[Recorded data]
= Beginning of Section =

-- ===== src/Companion/Requests/Replies.antt =====
-- What the requests of CompanionLink.c on a connected link return.
use ddtsoft_net_test.Base.{
  ◌*◌, ◌%◌, ◌^◌, ◌⊎◌, false, ℕ, ◌+◌, ◌<◌, ◌≡◌, ◌∙◌, refl, ap, arith, true, Option, some, Bool-cases,
  inl, inr, Bytes,
}
use ddtsoft_net_test.Efi.{EfiStatus, success, efi_error}
use ddtsoft_net_test.Runner.{Text, codes}
use ddtsoft_net_test.Companion.{
  Link, connected, disconnected, Driver, Printer, Exchange, unsent, unanswered, answered,
  max_msg_size, starts_with, send_command,
}
use ddtsoft_net_test.Companion.Requests.{
  judge_prepare, judge_start, judge_stop, judge_result, get_result, prepare_command, exchange,
  prepare, start, stop, disconnect, is_connected, quit,
}
use ddtsoft_net_test.Companion.Receive.{receive_response-IsDelivered}
use ddtsoft_net_test.Companion.Ends.{HasPending, receive_response_ends}
use ddtsoft_net_test.Companion.Attempts.{send_pending, send_command-IsSamePeer}
use ddtsoft_net_test.Companion.Requests.Judged.{
  IsAnswer, Fits, buffer_of, Reply, judge_prepare-Reply, judge_start-Reply, judge_stop-Reply,
  judge_result_state, judge_result_lem,
}

module _ {W : Type 0} (d : Driver W) (p : Printer) (pending : W → ℕ) (h : HasPending d pending)
    (fuel : ℕ) (link : Link) (w : W) where
  exchange_ends :
      (m : Text) (b : Bytes) (size t : ℕ)
      → pending w + t < fuel
      → (x : Exchange) × (l' : Link) × (r' : Bytes) × (w' : W) × (exchange d p fuel link m b size t
            w
          ≡ some (x, l', r', w'))
        × Fits d link size x
        × (l'.state ≡ link.state)
        × (buffer_of x r' ≡ r')
  exchange_ends m b size t lt =
      let sent = send_command d p link m w in
      let peer = send_command-IsSamePeer d p link m w in
      elim (Bool-cases (efi_error sent.0)) [
        | inl bad ↦ (
          unsent sent.0,
          sent.1,
          b,
          sent.2,
          unfold exchange in ground (arith, bad),
          unfold Fits in bad,
          peer.state_same,
          refl,
        )
        | inr good ↦
            let (s, l', r, w', run, end, less, peer2) =
              receive_response_ends d p pending h fuel sent.1 b size t sent.2
                (omega (arith, send_pending d p pending h link m w)) in
            elim end [
              | inr bad ↦ (
                unanswered s,
                l',
                r,
                w',
                unfold exchange in ground (arith, good, run, bad),
                unfold Fits in bad,
                peer2.state_same ∙ peer.state_same,
                refl,
              )
              | inl ok ↦ (
                answered r,
                l',
                r,
                w',
                unfold exchange in ground (arith, good, run, ok),
                unfold Fits in
                    record {
                      listener = sent.1;
                      ip_same = peer.ip_same;
                      port_same = peer.port_same;
                      delivered =
                          receive_response-IsDelivered d p fuel sent.1 b size t sent.2 l' r w'
                            (run ∙ ap (λ (y : EfiStatus). some (y, l', r, w')) ok);
                    },
                peer2.state_same ∙ peer.state_same,
                refl,
              )
            ]
      ]

  -- CompanionPrepare on a connected link ends, if finitely many frames wait at the driver. It reports
  -- success only when an answer from the companion that begins with READY was delivered, in every
  -- other case an error, and the link stays connected.
  pub prepare_lem :
      (layer test : Text) (args : Option Text)
      → link.state ≡ connected
      → pending w + link.timeout_ms < fuel
      → (s : EfiStatus) × (l' : Link) × (w' : W) × (prepare d p fuel link layer test args w
          ≡ some (s, l', w'))
        × Reply d link (codes "READY") s l'
  unfolding prepare
  prepare_lem layer test args c lt =
      let (x, l', r', w', run, fits, same, buf) =
        exchange_ends (prepare_command layer test args) (λ k. 0) max_msg_size link.timeout_ms lt in
      (
        (judge_prepare x l').0,
        (judge_prepare x l').1,
        w',
        ground (arith, c, run),
        judge_prepare-Reply d link l' (same ∙ c) x fits,
      )

  -- CompanionStart on a connected link ends, if finitely many frames wait at the driver. It reports
  -- success only when an answer from the companion that begins with ACK was delivered, in every other
  -- case an error, and the link stays connected.
  pub start_lem :
      link.state ≡ connected
      → pending w + link.timeout_ms < fuel
      → (s : EfiStatus) × (l' : Link) × (w' : W) × (start d p fuel link w ≡ some (s, l', w'))
        × Reply d link (codes "ACK") s l'
  unfolding start
  start_lem c lt =
      let (x, l', r', w', run, fits, same, buf) =
        exchange_ends (codes "START\n") (λ k. 0) max_msg_size link.timeout_ms lt in
      (
        (judge_start x l').0,
        (judge_start x l').1,
        w',
        ground (arith, c, run),
        judge_start-Reply d link l' (same ∙ c) x fits,
      )

  -- CompanionStop on a connected link ends, if finitely many frames wait at the driver. It reports
  -- success only when an answer from the companion that begins with ACK was delivered, in every other
  -- case an error, and the link stays connected.
  pub stop_lem :
      link.state ≡ connected
      → pending w + link.timeout_ms < fuel
      → (s : EfiStatus) × (l' : Link) × (w' : W) × (stop d p fuel link w ≡ some (s, l', w'))
        × Reply d link (codes "ACK") s l'
  unfolding stop
  stop_lem c lt =
      let (x, l', r', w', run, fits, same, buf) =
        exchange_ends (codes "STOP\n") (λ k. 0) max_msg_size link.timeout_ms lt in
      (
        (judge_stop x l').0,
        (judge_stop x l').1,
        w',
        ground (arith, c, run),
        judge_stop-Reply d link l' (same ∙ c) x fits,
      )

  -- CompanionDisconnect on an initialized link ends, if finitely many frames wait at the driver. It
  -- reports success with the state DISCONNECTED, whatever the companion answers.
  pub disconnect_lem :
      link.udp4 ≡ true
      → pending w + 1000 < fuel
      → (l' : Link) × (w' : W) × (disconnect d p fuel link w ≡ some (success, l', w'))
        × (l'.state ≡ disconnected)
  unfolding disconnect
  disconnect_lem up lt =
      let sent = send_command d p link (codes "DONE\n") w in
      elim (Bool-cases (is_connected link.state)) [
        | inr off ↦ (quit link, w, ground (arith, up, off), refl)
        | inl on ↦
            let (s, l2, r, w', run, end, less, peer) =
              receive_response_ends d p pending h fuel sent.1 (λ k. 0) max_msg_size 1000 sent.2
                (omega (arith, send_pending d p pending h link (codes "DONE\n") w)) in
            (quit l2, w', ground (arith, up, on, run), refl)
      ]

  -- CompanionGetResult on a connected link ends, if finitely many frames wait at the driver. It
  -- reports success only with an answer from the companion in the buffer that does not begin with
  -- ERROR, in every other case an error, and the link stays connected.
  pub get_result_lem :
      (b : Bytes) (size : ℕ)
      → link.state ≡ connected
      → pending w + link.timeout_ms * 2 % 2 ^ 32 < fuel
      → (s : EfiStatus) × (l' : Link) × (r : Bytes) × (w' : W) × (get_result d p fuel link b size w
          ≡ some (s, l', r, w'))
        × ((efi_error s ≡ true)
            ⊎ ((s ≡ success) × IsAnswer d link size r × (starts_with r 0 (codes "ERROR") ≡ false)))
        × (l'.state ≡ connected)
  unfolding get_result
  get_result_lem b size c lt =
      let (x, l', r', w', run, fits, same, buf) =
        exchange_ends (codes "RESULT\n") b size (link.timeout_ms * 2 % 2 ^ 32) lt in
      (
        (judge_result x l').0,
        (judge_result x l').1,
        r',
        w',
        ground (arith, c, run),
        judge_result_lem d link l' size x r' fits buf,
        judge_result_state d link l' size x ∙ same ∙ c,
      )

= End of Section =

What is needed: Repeat all the data, every line exactly.

Task answer:
-- ===== src/Companion/Requests/Replies.antt =====
-- What the requests of CompanionLink.c on a connected link return.
use ddtsoft_net_test.Base.{
  ◌*◌, ◌%◌, ◌^◌, ◌⊎◌, false, ℕ, ◌+◌, ◌<◌, ◌≡◌, ◌∙◌, refl, ap, arith, true, Option, some, Bool-cases,
  inl, inr, Bytes,
}
use ddtsoft_net_test.Efi.{EfiStatus, success, efi_error}
use ddtsoft_net_test.Runner.{Text, codes}
use ddtsoft_net_test.Companion.{
  Link, connected, disconnected, Driver, Printer, Exchange, unsent, unanswered, answered,
  max_msg_size, starts_with, send_command,
}
use ddtsoft_net_test.Companion.Requests.{
  judge_prepare, judge_start, judge_stop, judge_result, get_result, prepare_command, exchange,
  prepare, start, stop, disconnect, is_connected, quit,
}
use ddtsoft_net_test.Companion.Receive.{receive_response-IsDelivered}
use ddtsoft_net_test.Companion.Ends.{HasPending, receive_response_ends}
use ddtsoft_net_test.Companion.Attempts.{send_pending, send_command-IsSamePeer}
use ddtsoft_net_test.Companion.Requests.Judged.{
  IsAnswer, Fits, buffer_of, Reply, judge_prepare-Reply, judge_start-Reply, judge_stop-Reply,
  judge_result_state, judge_result_lem,
}

module _ {W : Type 0} (d : Driver W) (p : Printer) (pending : W → ℕ) (h : HasPending d pending)
    (fuel : ℕ) (link : Link) (w : W) where
  exchange_ends :
      (m : Text) (b : Bytes) (size t : ℕ)
      → pending w + t < fuel
      → (x : Exchange) × (l' : Link) × (r' : Bytes) × (w' : W) × (exchange d p fuel link m b size t
            w
          ≡ some (x, l', r', w'))
        × Fits d link size x
        × (l'.state ≡ link.state)
        × (buffer_of x r' ≡ r')
  exchange_ends m b size t lt =
      let sent = send_command d p link m w in
      let peer = send_command-IsSamePeer d p link m w in
      elim (Bool-cases (efi_error sent.0)) [
        | inl bad ↦ (
          unsent sent.0,
          sent.1,
          b,
          sent.2,
          unfold exchange in ground (arith, bad),
          unfold Fits in bad,
          peer.state_same,
          refl,
        )
        | inr good ↦
            let (s, l', r, w', run, end, less, peer2) =
              receive_response_ends d p pending h fuel sent.1 b size t sent.2
                (omega (arith, send_pending d p pending h link m w)) in
            elim end [
              | inr bad ↦ (
                unanswered s,
                l',
                r,
                w',
                unfold exchange in ground (arith, good, run, bad),
                unfold Fits in bad,
                peer2.state_same ∙ peer.state_same,
                refl,
              )
              | inl ok ↦ (
                answered r,
                l',
                r,
                w',
                unfold exchange in ground (arith, good, run, ok),
                unfold Fits in
                    record {
                      listener = sent.1;
                      ip_same = peer.ip_same;
                      port_same = peer.port_same;
                      delivered =
                          receive_response-IsDelivered d p fuel sent.1 b size t sent.2 l' r w'
                            (run ∙ ap (λ (y : EfiStatus). some (y, l', r, w')) ok);
                    },
                peer2.state_same ∙ peer.state_same,
                refl,
              )
            ]
      ]

  -- CompanionPrepare on a connected link ends, if finitely many frames wait at the driver. It reports
  -- success only when an answer from the companion that begins with READY was delivered, in every
  -- other case an error, and the link stays connected.
  pub prepare_lem :
      (layer test : Text) (args : Option Text)
      → link.state ≡ connected
      → pending w + link.timeout_ms < fuel
      → (s : EfiStatus) × (l' : Link) × (w' : W) × (prepare d p fuel link layer test args w
          ≡ some (s, l', w'))
        × Reply d link (codes "READY") s l'
  unfolding prepare
  prepare_lem layer test args c lt =
      let (x, l', r', w', run, fits, same, buf) =
        exchange_ends (prepare_command layer test args) (λ k. 0) max_msg_size link.timeout_ms lt in
      (
        (judge_prepare x l').0,
        (judge_prepare x l').1,
        w',
        ground (arith, c, run),
        judge_prepare-Reply d link l' (same ∙ c) x fits,
      )

  -- CompanionStart on a connected link ends, if finitely many frames wait at the driver. It reports
  -- success only when an answer from the companion that begins with ACK was delivered, in every other
  -- case an error, and the link stays connected.
  pub start_lem :
      link.state ≡ connected
      → pending w + link.timeout_ms < fuel
      → (s : EfiStatus) × (l' : Link) × (w' : W) × (start d p fuel link w ≡ some (s, l', w'))
        × Reply d link (codes "ACK") s l'
  unfolding start
  start_lem c lt =
      let (x, l', r', w', run, fits, same, buf) =
        exchange_ends (codes "START\n") (λ k. 0) max_msg_size link.timeout_ms lt in
      (
        (judge_start x l').0,
        (judge_start x l').1,
        w',
        ground (arith, c, run),
        judge_start-Reply d link l' (same ∙ c) x fits,
      )

  -- CompanionStop on a connected link ends, if finitely many frames wait at the driver. It reports
  -- success only when an answer from the companion that begins with ACK was delivered, in every other
  -- case an error, and the link stays connected.
  pub stop_lem :
      link.state ≡ connected
      → pending w + link.timeout_ms < fuel
      → (s : EfiStatus) × (l' : Link) × (w' : W) × (stop d p fuel link w ≡ some (s, l', w'))
        × Reply d link (codes "ACK") s l'
  unfolding stop
  stop_lem c lt =
      let (x, l', r', w', run, fits, same, buf) =
        exchange_ends (codes "STOP\n") (λ k. 0) max_msg_size link.timeout_ms lt in
      (
        (judge_stop x l').0,
        (judge_stop x l').1,
        w',
        ground (arith, c, run),
        judge_stop-Reply d link l' (same ∙ c) x fits,
      )

  -- CompanionDisconnect on an initialized link ends, if finitely many frames wait at the driver. It
  -- reports success with the state DISCONNECTED, whatever the companion answers.
  pub disconnect_lem :
      link.udp4 ≡ true
      → pending w + 1000 < fuel
      → (l' : Link) × (w' : W) × (disconnect d p fuel link w ≡ some (success, l', w'))
        × (l'.state ≡ disconnected)
  unfolding disconnect
  disconnect_lem up lt =
      let sent = send_command d p link (codes "DONE\n") w in
      elim (Bool-cases (is_connected link.state)) [
        | inr off ↦ (quit link, w, ground (arith, up, off), refl)
        | inl on ↦
            let (s, l2, r, w', run, end, less, peer) =
              receive_response_ends d p pending h fuel sent.1 (λ k. 0) max_msg_size 1000 sent.2
                (omega (arith, send_pending d p pending h link (codes "DONE\n") w)) in
            (quit l2, w', ground (arith, up, on, run), refl)
      ]

  -- CompanionGetResult on a connected link ends, if finitely many frames wait at the driver. It
  -- reports success only with an answer from the companion in the buffer that does not begin with
  -- ERROR, in every other case an error, and the link stays connected.
  pub get_result_lem :
      (b : Bytes) (size : ℕ)
      → link.state ≡ connected
      → pending w + link.timeout_ms * 2 % 2 ^ 32 < fuel
      → (s : EfiStatus) × (l' : Link) × (r : Bytes) × (w' : W) × (get_result d p fuel link b size w
          ≡ some (s, l', r, w'))
        × ((efi_error s ≡ true)
            ⊎ ((s ≡ success) × IsAnswer d link size r × (starts_with r 0 (codes "ERROR") ≡ false)))
        × (l'.state ≡ connected)
  unfolding get_result
  get_result_lem b size c lt =
      let (x, l', r', w', run, fits, same, buf) =
        exchange_ends (codes "RESULT\n") b size (link.timeout_ms * 2 % 2 ^ 32) lt in
      (
        (judge_result x l').0,
        (judge_result x l').1,
        r',
        w',
        ground (arith, c, run),
        judge_result_lem d link l' size x r' fits buf,
        judge_result_state d link l' size x ∙ same ∙ c,
      )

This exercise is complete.